In der Tat steht und fällt die ganze Sache mit der zulässigen Beschleunigung. Die Werte habe ich auch nur aus Wiki, allerdings von Fahrzeugen, bei denen die Leute angeschnallt sind. Bei nur 1m/s² (was durchaus für stehende Personen mit Koffern schon genug-oder zuviel sein kann) würde sich die Zeit vervierfachen, der Weg der Beschleunigung auch.

Abgesehen davon frage ich mich, wie man jederzeit sicherstellen will, dass nicht's auf der Fahrbahn liegt, was beim drüberfahren immensen Schaden anrichten würde. Als das Unglück dieses Jahr auf der Versuchbahn passiert ist, meinte anschliessen ein Sachverständiger, dass vor jeder Fahrt nochmal der "Besenwagen" drüber muss, um dies auszuschliessen - na dann Prost Mahlzeit.


----------



## Perfektionist (12 November 2007)

na denn mag ich mal ein paar Auszüge von Wikipedia hier rein stellen:

http://de.wikipedia.org/wiki/Transrapid

Zitate:

Der Transrapid ist in der Lage, innerhalb von 60 s von 0 auf 200 km/h zu beschleunigen und in weiteren 60 s von 200 km/h auf 400 km/h. Für eine Beschleunigung auf Tempo 300 km/h benötigt der Transrapid rund vier Kilometer (auf der Strecke in Shanghai 4,2 km).

Zum Transrapid-System gehören Werkstattwagen, die sich mit einem konventionellen Antrieb auf der Trasse bewegen. Mit diesen Wagen wird die Strecke täglich vor Betriebsbeginn abgefahren und gereinigt.

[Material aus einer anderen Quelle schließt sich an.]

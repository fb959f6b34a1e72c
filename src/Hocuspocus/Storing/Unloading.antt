-- ===== src/Hocuspocus/Storing/Unloading.antt =====
-- When a document is unloaded, and when not.
use hocuspocu_rs.Base.{
  ℕ, ◌≡◌, ◌≢◌, ◌⊎◌, refl, sym, ◌∙◌, Bool, true, false, none, Str, get, remove, contains_key,
  false≢true, get-remove, bytes_eq_refl, ==_iff, arith, Bool-cases, inl, inr,
}
use hocuspocu_rs.Document.{destroy, get_connections_count}
use hocuspocu_rs.Hocuspocus.Storing.{
  Hocuspocus, should_unload_document, unload_document, begin_unloading, behind_hook,
}
use hocuspocu_rs.Yrs.{Yrs}

module _ (y : Yrs) where
  -- The document is out of the server.
  pub record IsGone (doc : ℕ) (name : Str) (s : Hocuspocus y) : Type 0 where
    pub unknown : get name s.documents ≡ none
    pub destroyed : (s.docs doc).is_destroyed ≡ true

  -- The document stands as it did.
  pub record IsKept (doc : ℕ) (before after : Hocuspocus y) : Type 0 where
    pub documents : after.documents ≡ before.documents
    pub docs : after.docs ≡ before.docs

  module _ (hook : Hocuspocus y → Bool × Hocuspocus y) (doc : ℕ) (s : Hocuspocus y) where
    abbrev pub name_of : Str
    name_of = (s.docs doc).name

    -- The state behind the hook.
    abbrev pub answered : Bool × Hocuspocus y
    answered = hook (begin_unloading y name_of s)

    unload_idle :
        should_unload_document y doc s ≡ true
        → contains_key name_of s.documents ≡ true
        → contains_key name_of s.unloading_documents ≡ false
        → unload_document y hook doc s ≡ behind_hook y doc name_of answered
    unfolding unload_document
    unload_idle idle known free = rw (idle, known, free)

    -- A call of `unload_document` that finds the document idle, known and not being unloaded asks the
    -- hook. If the hook accepts and the document is idle still, it is out of the server and destroyed;
    -- otherwise the documents are as the hook left them. In both cases the mark that it is being
    -- unloaded is gone.
    pub unload_document_cases :
        should_unload_document y doc s ≡ true
        → contains_key name_of s.documents ≡ true
        → contains_key name_of s.unloading_documents ≡ false
        → let s' = unload_document y hook doc s in
          (get name_of s'.unloading_documents ≡ none)
          × (((answered.0 ≡ true)
                × (should_unload_document y doc answered.1 ≡ true)
                × IsGone doc name_of s')
              ⊎ (((answered.0 ≡ false) ⊎ (should_unload_document y doc answered.1 ≡ false))
                  × IsKept doc answered.1 s'))
    unfolding destroy
    unload_document_cases idle known free = rw (unload_idle idle known free) (by_answer answered)
      where
        unmarked : (b : Hocuspocus y) → get name_of (remove name_of b.unloading_documents) ≡ none
        unmarked b = get-remove name_of name_of b.unloading_documents ∙ rw bytes_eq_refl

        by_answer :
            (r : Bool × Hocuspocus y)
            → (get name_of (behind_hook y doc name_of r).unloading_documents ≡ none)
              × (((r.0 ≡ true)
                    × (should_unload_document y doc r.1 ≡ true)
                    × IsGone doc name_of (behind_hook y doc name_of r))
                  ⊎ (((r.0 ≡ false) ⊎ (should_unload_document y doc r.1 ≡ false))
                      × IsKept doc r.1 (behind_hook y doc name_of r)))
        by_answer (false, b) =
            (unmarked b, inr (inl refl, record { documents = refl; docs = refl }))
        by_answer (true, b) = elim (Bool-cases (should_unload_document y doc b)) [
          | inl still ↦ rw still (
            unmarked b,
            inl (
              refl,
              refl,
              record {
                unknown = get-remove name_of name_of b.documents ∙ rw bytes_eq_refl;
                destroyed = ground (arith, ==_iff doc doc);
              },
            ),
          )
          | inr joined ↦
              rw joined (unmarked b, inr (inr refl, record { documents = refl; docs = refl }))
        ]

  occupied :
      (doc : ℕ) (s : Hocuspocus y)
      → get_connections_count y (s.docs doc) ≢ 0
      → should_unload_document y doc s ≡ false
  unfolding should_unload_document
  occupied doc s busy = ground (arith, ==_iff (get_connections_count y (s.docs doc)) 0)

  module _ (hook : Hocuspocus y → Bool × Hocuspocus y) (doc : ℕ) (s : Hocuspocus y) where
    abbrev result : Hocuspocus y
    result = unload_document y hook doc s

    occupied_behind :
        get_connections_count y ((answered hook doc s).1.docs doc) ≢ 0
        → should_unload_document y doc s ≡ true
        → contains_key (name_of hook doc s) s.documents ≡ true
        → contains_key (name_of hook doc s) s.unloading_documents ≡ false
        → IsKept doc (answered hook doc s).1 result
    occupied_behind busy idle known free =
        elim (unload_document_cases hook doc s idle known free).1 [
          | inl gone ↦
              absurd (false≢true (sym (occupied doc (answered hook doc s).1 busy) ∙ gone.1))
          | inr kept ↦ kept.1
        ]

    stopped :
        (idle known marked : Bool)
        → should_unload_document y doc s ≡ idle
        → contains_key (name_of hook doc s) s.documents ≡ known
        → contains_key (name_of hook doc s) s.unloading_documents ≡ marked
        → get_connections_count y ((answered hook doc s).1.docs doc) ≢ 0
        → (result ≡ s) ⊎ IsKept doc (answered hook doc s).1 result
    unfolding unload_document
    stopped false known marked e f g busy = inl (rw e)
    stopped true false marked e f g busy = inl (rw (e, f))
    stopped true true true e f g busy = inl (rw (e, f, g))
    stopped true true false e f g busy = inr (occupied_behind busy e f g)

    -- A document that has a connection when the call begins, or behind the hook, is not unloaded by
    -- this call: nothing changes, or the documents are as the hook left them.
    pub unload_document-occupied :
        (get_connections_count y (s.docs doc) ≢ 0)
          ⊎ (get_connections_count y ((answered hook doc s).1.docs doc) ≢ 0)
        → (result ≡ s) ⊎ IsKept doc (answered hook doc s).1 result
    unfolding unload_document
    unload_document-occupied (inl busy) = inl (rw (occupied doc s busy))
    unload_document-occupied (inr busy) = stopped _ _ _ refl refl refl busy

Am 25. September 2007 einigten sich die bayerische Landesregierung, die Deutsche Bahn sowie die Industrie auf die Finanzierung des Projektes Transrapid München. Ab dem Jahr 2014 soll der Transrapid den Flughafen München mit dem 37,4 km entfernt gelegenen Münchner Hauptbahnhof in 10 Minuten alle 10 Minuten verbinden. Für Mitte 2008 wird mit dem Baubeginn gerechnet. Münchens Oberbürgermeister Christian Ude kündigte im Laufe des 25. September an, eine Klage gegen den Bau des Transrapids einzureichen. Er sieht hohe Kosten auf seine stark verschuldete Stadt zukommen. Anstelle des Transrapids bevorzugt er eine Express-S-Bahn.


----------



## gingele (12 November 2007)

Also meine Meinung zum Thema Transrapid ist, das es als deutsche Erfindung auf jeden fall auch in Deutschland eingesetzt werden soll.

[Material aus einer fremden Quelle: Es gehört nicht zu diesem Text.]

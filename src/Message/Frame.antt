-- ===== src/Message/Frame.antt =====
-- The wire protocol as a client reads it: every frame of the server, and a reader for them that is
-- written from the protocol and does not look at the server's builders.
use hocuspocu_rs.Base.{ℕ, Bool, true, false, ◌≡◌, Bytes, Str, text, ◌==◌, if◌then◌else◌, bytes_eq}
use hocuspocu_rs.Base.Outcome.{ok}
use hocuspocu_rs.Codec.{Reader, ◌>>=◌, read_var_uint, read_var_string, read_var_uint8_array}
use hocuspocu_rs.Codec.Utf8.{is_utf8}

pub data Step : Type 0 where
  step1 step2 update : Step

abbrev pub step_code : Step → ℕ
step_code step1 = 0
step_code step2 = 1
step_code update = 2

pub data Frame : Type 0 where
  sync_step sync_reply_step : Step → Bytes → Frame
  awareness_update : Bytes → Frame
  awareness_query token_request : Frame
  authenticated_frame : Bool → Frame
  permission_denied_frame stateless_frame broadcast_stateless_frame close_frame : Str → Frame
  sync_status_frame : Bool → Frame
  other : ℕ → Frame

abbrev pub give {ℓ} : {A : Type ℓ} → A → Reader A
give a d = (ok a, d)

abbrev pub read_payload : (Bytes → Frame) → Reader Frame
read_payload f = do payload ← read_var_uint8_array; give (f payload)

abbrev pub read_step_body : (Step → Bytes → Frame) → ℕ → Reader Frame
read_step_body f step =
    if step == 0
    then read_payload (f step1)
    else if step == 1
    then read_payload (f step2)
    else if step == 2
    then read_payload (f update)
    else give (other step)

abbrev pub read_step : (Step → Bytes → Frame) → Reader Frame
read_step f = do step ← read_var_uint; read_step_body f step

abbrev pub read_text : (Str → Frame) → Reader Frame
read_text f = do s ← read_var_string; give (f s)

abbrev pub read_status : Reader Frame
read_status = do
  saved ← read_var_uint
  give (sync_status_frame (if saved == 0 then false else true))

abbrev pub read_auth_body : ℕ → Reader Frame
read_auth_body kind =
    if kind == 0
    then give token_request
    else if kind == 1
    then read_text permission_denied_frame
    else read_text (λ s. authenticated_frame (bytes_eq s (text "readonly")))

abbrev pub read_auth : Reader Frame
read_auth = do kind ← read_var_uint; read_auth_body kind

abbrev pub read_body : ℕ → Reader Frame
read_body kind =
    if kind == 0
    then read_step sync_step
    else if kind == 1
    then read_payload awareness_update
    else if kind == 2
    then read_auth
    else if kind == 3
    then give awareness_query
    else if kind == 4
    then read_step sync_reply_step
    else if kind == 5
    then read_text stateless_frame
    else if kind == 6
    then read_text broadcast_stateless_frame
    else if kind == 7
    then read_text close_frame
    else if kind == 8
    then read_status
    else give (other kind)

abbrev pub read_kind : Reader Frame
read_kind = do kind ← read_var_uint; read_body kind

-- The address, and the frame behind it.
unfoldable pub read_frame : Reader (Str × Frame)
read_frame = do address ← read_var_string; frame ← read_kind; give (address, frame)

-- The texts of a frame are Rust strings.
abbrev pub IsText : Str → Type 0
IsText s = is_utf8 s ≡ true

abbrev pub IsProper : Frame → Type 0
IsProper (permission_denied_frame s) = IsText s
IsProper (stateless_frame s) = IsText s
IsProper (broadcast_stateless_frame s) = IsText s
IsProper (close_frame s) = IsText s
IsProper (other _) = ⊥
IsProper _ = Unit {0}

Auch wenn es eine stange Geld kosten mag, aber in Deutschland wird von der Regierung soviel Geld zum Fenster rausgeschmissen. Und der Transrapid ist sicherlich keine Verschwendung sondern eine Werbung für deutsche Inovation.


----------



## zotos (12 November 2007)

gingele schrieb:


> Also meine Meinung zum Thema Transrapid ist, das es als deutsche Erfindung auf jeden fall auch in Deutschland eingesetzt werden soll.
> 
> Auch wenn es eine stange Geld kosten mag, aber in Deutschland wird von der Regierung soviel Geld zum Fenster rausgeschmissen. Und der Transrapid ist sicherlich keine Verschwendung sondern eine Werbung für deutsche Inovation.

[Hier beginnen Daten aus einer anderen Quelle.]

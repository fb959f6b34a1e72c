-- ===== src/Message/RoundTrip.antt =====
-- Every frame that the builders make is read back by the client's reader.
use hocuspocu_rs.Base.{
  ℕ, ◌≡◌, refl, Bool, true, false, [], ◌++◌, Bytes, Str, text, length, append_assoc, append-nil,
  arith, if◌then◌else◌, bytes_eq,
}
use hocuspocu_rs.Base.Outcome.{ok}
use native.Mathlib.Nat.{zero-add}
use hocuspocu_rs.Codec
use hocuspocu_rs.Codec.{
  IsU64, Reader, write_var_uint, write_var_string, write_var_uint8_array, ◌>>=◌, read_var_uint,
  read_var_uint8_array, read_var_string,
}
use hocuspocu_rs.Codec.Position.{
  Yields, Yields-bind, At-new, read_var_uint-Yields, read_var_string-Yields,
  read_var_uint8_array-Yields,
}
use hocuspocu_rs.Common.{auth_code}
use hocuspocu_rs.Common.Auth
use hocuspocu_rs.Codec.Utf8.{is_utf8}
use hocuspocu_rs.Types.{code}
use hocuspocu_rs.Message.{
  OutgoingMessage, new, create_sync_message, create_sync_reply_message,
  create_awareness_update_message, write_query_awareness, write_token_sync_request,
  write_authenticated, write_permission_denied, write_first_sync_step_for, write_sync_step2,
  write_update, write_stateless, write_broadcast_stateless, write_sync_status, write_close_message,
  to_vec, scope,
}
use hocuspocu_rs.Message.Frame.{
  Frame, Step, step1, step2, update, step_code, sync_step, sync_reply_step, awareness_update,
  awareness_query, token_request, authenticated_frame, permission_denied_frame, stateless_frame,
  broadcast_stateless_frame, close_frame, sync_status_frame, other, give, read_payload, read_step,
  read_step_body, read_text, read_status, read_auth_body, read_body, read_kind, read_frame, IsText,
  IsProper,
}

abbrev write_step : Step → Bytes → OutgoingMessage → OutgoingMessage
write_step step1 = write_first_sync_step_for
write_step step2 = write_sync_step2
write_step update = write_update

-- The builders of each frame, in the order in which the server calls them.
unfoldable pub build : Str → Frame → OutgoingMessage
build address (sync_step s p) = write_step s p (create_sync_message (new address))
build address (sync_reply_step s p) = write_step s p (create_sync_reply_message (new address))
build address (awareness_update u) = create_awareness_update_message u (new address)
build address awareness_query = write_query_awareness (new address)
build address token_request = write_token_sync_request (new address)
build address (authenticated_frame read_only) = write_authenticated read_only (new address)
build address (permission_denied_frame reason) = write_permission_denied reason (new address)
build address (stateless_frame payload) = write_stateless payload (new address)
build address (broadcast_stateless_frame payload) = write_broadcast_stateless payload (new address)
build address (close_frame reason) = write_close_message reason (new address)
build address (sync_status_frame saved) = write_sync_status saved (new address)
build address (other _) = new address

abbrev num : ℕ → Bytes
num = write_var_uint []

abbrev str : Str → Bytes
str = write_var_string []

abbrev arr : Bytes → Bytes
arr = write_var_uint8_array []

-- The bytes behind the address.
abbrev body : Frame → Bytes
body (sync_step s p) = num 0 ++ (num (step_code s) ++ arr p)
body (sync_reply_step s p) = num 4 ++ (num (step_code s) ++ arr p)
body (awareness_update u) = num 1 ++ arr u
body awareness_query = num 3 ++ []
body token_request = num 2 ++ (num 0 ++ [])
body (authenticated_frame read_only) = num 2 ++ (num 2 ++ str (scope read_only))
body (permission_denied_frame reason) = num 2 ++ (num 1 ++ str reason)
body (stateless_frame payload) = num 5 ++ str payload
body (broadcast_stateless_frame payload) = num 6 ++ str payload
body (close_frame reason) = num 7 ++ str reason
body (sync_status_frame saved) = num 8 ++ num (if saved then 1 else 0)
body (other _) = []

build-body :
    (address : Str) (f : Frame) → IsProper f → to_vec (build address f) ≡ str address ++ body f
unfolding build new create_sync_message create_sync_reply_message create_awareness_update_message
    write_query_awareness write_token_sync_request write_authenticated write_permission_denied
    write_first_sync_step_for write_sync_step2 write_update write_stateless
    write_broadcast_stateless write_sync_status write_close_message to_vec write_var_uint
    write_var_string write_var_uint8_array code Auth.write_token_sync_request
    Auth.write_authenticated Auth.write_permission_denied auth_code
build-body address (sync_step step1 p) h = simp append_assoc
build-body address (sync_step step2 p) h = simp append_assoc
build-body address (sync_step update p) h = simp append_assoc
build-body address (sync_reply_step step1 p) h = simp append_assoc
build-body address (sync_reply_step step2 p) h = simp append_assoc
build-body address (sync_reply_step update p) h = simp append_assoc
build-body address (other _) h = elim h [ ]
build-body address awareness_query h = simp append-nil
build-body address token_request h = simp (append_assoc, append-nil)
build-body address _ h = simp append_assoc

Yields-give {ℓ} : {A : Type ℓ} (a : A) → Yields (give a) [] a
Yields-give a d rest at = ground arith

Yields-map {ℓ κ} :
    {A : Type ℓ} {B : Type κ} (m : Reader A) (g : A → B) (xs : Bytes) (a : A)
    → Yields m xs a
    → Yields (m >>= λ x. give (g x)) xs (g a)
Yields-map m g xs a y d rest at = rw (y d rest at)

payload-Yields : (g : Bytes → Frame) (p : Bytes) → Yields (read_payload g) (arr p) (g p)
payload-Yields g p = Yields-map read_var_uint8_array g (arr p) p (read_var_uint8_array-Yields p)

text-Yields : (g : Str → Frame) (s : Str) → IsText s → Yields (read_text g) (str s) (g s)
text-Yields g s h = Yields-map read_var_string g (str s) s (read_var_string-Yields s h)

-- A number, and what is read after it.
num-Yields {ℓ} :
    {A : Type ℓ} (v : ℕ) (k : ℕ → Reader A) (xs : Bytes) (a : A)
    → IsU64 v
    → Yields (k v) xs a
    → Yields (read_var_uint >>= k) (num v ++ xs) a
num-Yields v k xs a h y = Yields-bind read_var_uint k (num v) xs v a (read_var_uint-Yields v h) y

step-Yields :
    (g : Step → Bytes → Frame) (s : Step) (p : Bytes)
    → Yields (read_step g) (num (step_code s) ++ arr p) (g s p)
step-Yields g step1 p = num-Yields 0 (read_step_body g) (arr p) _ (omega arith) (payload-Yields _ p)
step-Yields g step2 p = num-Yields 1 (read_step_body g) (arr p) _ (omega arith) (payload-Yields _ p)
step-Yields g update p =
    num-Yields 2 (read_step_body g) (arr p) _ (omega arith) (payload-Yields _ p)

scope-Yields :
    (b : Bool)
    → Yields
        (read_text (λ s. authenticated_frame (bytes_eq s (text "readonly"))))
        (str (scope b))
        (authenticated_frame b)
unfolding bytes_eq is_utf8
scope-Yields true = text-Yields _ (text "readonly") refl
scope-Yields false = text-Yields _ (text "read-write") refl

status-Yields : (b : Bool) → Yields read_status (num (if b then 1 else 0)) (sync_status_frame b)
status-Yields true = Yields-map read_var_uint _ (num 1) 1 (read_var_uint-Yields 1 (omega arith))
status-Yields false = Yields-map read_var_uint _ (num 0) 0 (read_var_uint-Yields 0 (omega arith))

-- A frame behind its kind.
kind-Yields :
    (v : ℕ) (xs : Bytes) (f : Frame)
    → IsU64 v
    → Yields (read_body v) xs f
    → Yields (read_var_uint >>= read_body) (num v ++ xs) f
kind-Yields v xs f h y = num-Yields v read_body xs f h y

body-Yields : (f : Frame) → IsProper f → Yields (read_var_uint >>= read_body) (body f) f
body-Yields (sync_step s p) h = kind-Yields 0 _ _ (omega arith) (step-Yields sync_step s p)
body-Yields (sync_reply_step s p) h =
    kind-Yields 4 _ _ (omega arith) (step-Yields sync_reply_step s p)
body-Yields (awareness_update u) h =
    kind-Yields 1 _ _ (omega arith) (payload-Yields awareness_update u)
body-Yields awareness_query h = kind-Yields 3 _ _ (omega arith) (Yields-give awareness_query)
body-Yields token_request h =
    kind-Yields 2 _ _ (omega arith)
      (num-Yields 0 read_auth_body [] _ (omega arith) (Yields-give token_request))
body-Yields (authenticated_frame b) h =
    kind-Yields 2 _ _ (omega arith) (num-Yields 2 read_auth_body _ _ (omega arith) (scope-Yields b))
body-Yields (permission_denied_frame s) h =
    kind-Yields 2 _ _ (omega arith)
      (num-Yields 1 read_auth_body _ _ (omega arith) (text-Yields permission_denied_frame s h))
body-Yields (stateless_frame s) h =
    kind-Yields 5 _ _ (omega arith) (text-Yields stateless_frame s h)
body-Yields (broadcast_stateless_frame s) h =
    kind-Yields 6 _ _ (omega arith) (text-Yields broadcast_stateless_frame s h)
body-Yields (close_frame s) h = kind-Yields 7 _ _ (omega arith) (text-Yields close_frame s h)
body-Yields (sync_status_frame b) h = kind-Yields 8 _ _ (omega arith) (status-Yields b)
body-Yields (other k) h = elim h [ ]

frame-Yields :
    (address : Str) (f : Frame)
    → IsText address
    → IsProper f
    → Yields read_frame (str address ++ body f) (address, f)
unfolding read_frame
frame-Yields address f h p =
    Yields-bind read_var_string _ (str address) (body f) address (address, f)
      (read_var_string-Yields address h)
      (Yields-map read_kind (λ frame. (address, frame)) (body f) f (body-Yields f p))

-- A client reads back the address and the content of every frame that the server builds, and stands
-- behind the frame. The texts in it are well-formed UTF-8, as Rust's strings are.
pub read_frame-build :
    (address : Str) (f : Frame) (rest : Bytes)
    → IsText address
    → IsProper f
    → IsU64 (length (to_vec (build address f) ++ rest))
    → let out = to_vec (build address f) in
      read_frame (Codec.new (out ++ rest))
      ≡ (ok (address, f), record { bytes = out ++ rest; pos = length out })
unfolding Codec.new
read_frame-build address f rest h p w =
    let e = build-body address f p in
    rw e (
      rw zero-add at (
        frame-Yields address f h p (Codec.new ((str address ++ body f) ++ rest)) rest
          (At-new ((str address ++ body f) ++ rest) (rw e at w))))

Dann hätte ja jede deutsche Firma die etwas erfindet ein Anrecht darauf das der Staat dieses Produkt "kauft".

Wenn Siemens, Thysen-Krupp und die DB das nicht alleine auf die Beine stellen und betreiben können ist das Produkt einfach unrentabel.


----------



## dtsclipper (12 November 2007)

Sehr interessant der Thread bisher...

Ich stelle aber leider fest, das die Opposition, soll heißen die Gegner ( nicht nur ) dieses Projektes in führung liegen.

Also stelle ich fest, OHNE jemandem auf die Füße treten zu wollen, das Opposition, das Uli Steinsche "dagegen" leichter ist als das dafür.

Ich bin für dieses Projekt, auch wenn es auf einer theoretischen Basis keinen Sinn macht, denn nur der Test kann Sinn oder Unsinn beweisen.
Und, wie wir alle wahrscheinlich wissen, ist die Realität etwas anders als die Planung.

Und, zum Thema staatliche Förderung...
Was würden wir in diesem Forum tun, wenn nicht durch eine staatliche förderung Firmen wie Telefunken, AEG, Zuse KG und Siemens ihre ersten Computer hätten an Universitäten verkaufen können???

dtsclipper


----------



## kiestumpe (12 November 2007)

Auch wenn ich mich wiederhole, aber wenn du mir diese Frage beantworten könntest:

Abgesehen davon frage ich mich, wie man jederzeit sicherstellen will, dass nicht's auf der Fahrbahn liegt, was beim drüberfahren immensen Schaden anrichten würde. Als das Unglück dieses Jahr auf der Versuchbahn passiert ist, meinte anschliessen ein Sachverständiger, dass vor jeder Fahrt nochmal der "Besenwagen" drüber muss, um dies auszuschliessen - na dann Prost Mahlzeit.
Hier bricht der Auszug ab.